I give you this information so you can take it to Noemi, who will confirm that I’m telling the truth. I do not yet know how to heal those regs who have been damaged by Reduction, but I believe I know how to prevent anyone else from being hurt. The answer lies in the Helo Cure.

A few days ago, I offered the cure to one of the visitors, though he is a natural reg. He feared he might have made his offspring vulnerable due to his primitive gengineering. In the old days, it was thought that the cure had no effect on those who were not Reduced, but now I think it’s something more. The cure won’t heal a Reduced brain, which is why it doesn’t fix the Reduced who take it. But it will prevent the damage of Reduction from ever taking place. In natural Reduction, this damage occurs in utero, in the developing brain of the fetus. The Helo Cure prevents that from happening. It will also, according to my models, prevent it from happening when one is given the Reduction drug.

Persis gasped. Could it be that simple?

“Are you all right?” Justen asked.

She nodded, swallowing. Justen’s message continued.
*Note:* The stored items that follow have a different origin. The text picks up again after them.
-- ===== src/Webhook/BitbucketServer/Payload.antt =====
-- The payload of a Bitbucket Server webhook (vcsutils/webhookparser/bitbucketserver.go). The types
-- of the package go-bitbucket-v1 are given by the fields that are read; a pointer is an `Option`.
use froggit_go.Base.{String, ℤ, Option, List}

-- `bitbucketv1.Repository`: the slug, and the key of the project.
pub record Repository : Type 0 where
  pub slug : String
  pub project_key : Option String

-- `bitbucketv1.Links`: the references of `Self`.
pub record Links : Type 0 where
  pub self : List String

pub record Ref : Type 0 where
  pub id : String
  pub latest_commit : String
  pub repository : Repository

pub record Account : Type 0 where
  pub name : String
  pub slug : String
  pub display_name : String
  pub email_address : String
  pub links : Links

pub record PullRequest : Type 0 where
  pub id : ℤ
  pub title : String
  pub updated_date : ℤ
  pub links : Links
  pub author : Option Account
  pub from_ref : Ref
  pub to_ref : Ref

pub record Changes : Type 0 where
  pub ref_display_id : String
  pub ref_type : String
  pub ref_id : String
  pub to_hash : String
  pub from_hash : String
  pub type : String

pub record Actor : Type 0 where
  pub name : String
  pub email_address : String
  pub display_name : String
  pub links : Links

pub record Hook : Type 0 where
  pub event_key : String
  pub date : String
  pub repository : Repository
  pub pull_request : PullRequest
  pub changes : List Changes
  pub actor : Actor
Take this information and guard your friends and allies, here and in Galatea. It might take a while to produce enough of the Helo Cure to protect the entire nation, but if they all take it, they will be able to defend themselves, aristo and reg alike, from the revolutionaries’ terrible weapon.

With your help, I can begin to atone for the harm I’ve caused my countrymen and keep anyone else from being hurt like this again. Once, Persistence Helo was the hope of all New Pacifica. I’d hoped to follow in her footsteps, but I recognize now that you are the one who will save us.

You are the hope of every true patriot of my homeland.

Persis tightened her hands on Justen’s shoulders and buried her face against his chest.

“You’re not all right,” he said. “Too near the fire?”

“Justen,” she breathed. There was no question he was telling the truth. There was no possible purpose his lie would serve. Noemi could easily verify or dismiss his claims. She fluttered the medic at once, to be sure, but not a doubt remained in Persis’s mind. Everything fit—it fit what she knew of what was happening in Galatea; it fit with Vania’s befriending Andromeda and Tomorrow; it fit with the way Justen had been tied to his grandmother’s oblets and his nanorector models for the last day and a half; and it fit, most of all, with what she knew about Justen—what she’d known all along, if she’d been completely honest with herself.

And maybe it was time to be honest with him, too. She took a deep, shuddering breath. I’m the Wild Poppy. I’m the Wild Poppy. I’m the Wild Poppy. “I’m—”

Another flutter slipped into her palm.

Persis,

Your mother is ill. Bring Justen at once.

Love and duty,

Torin Blake

Her head shot up. “We have to find my parents.”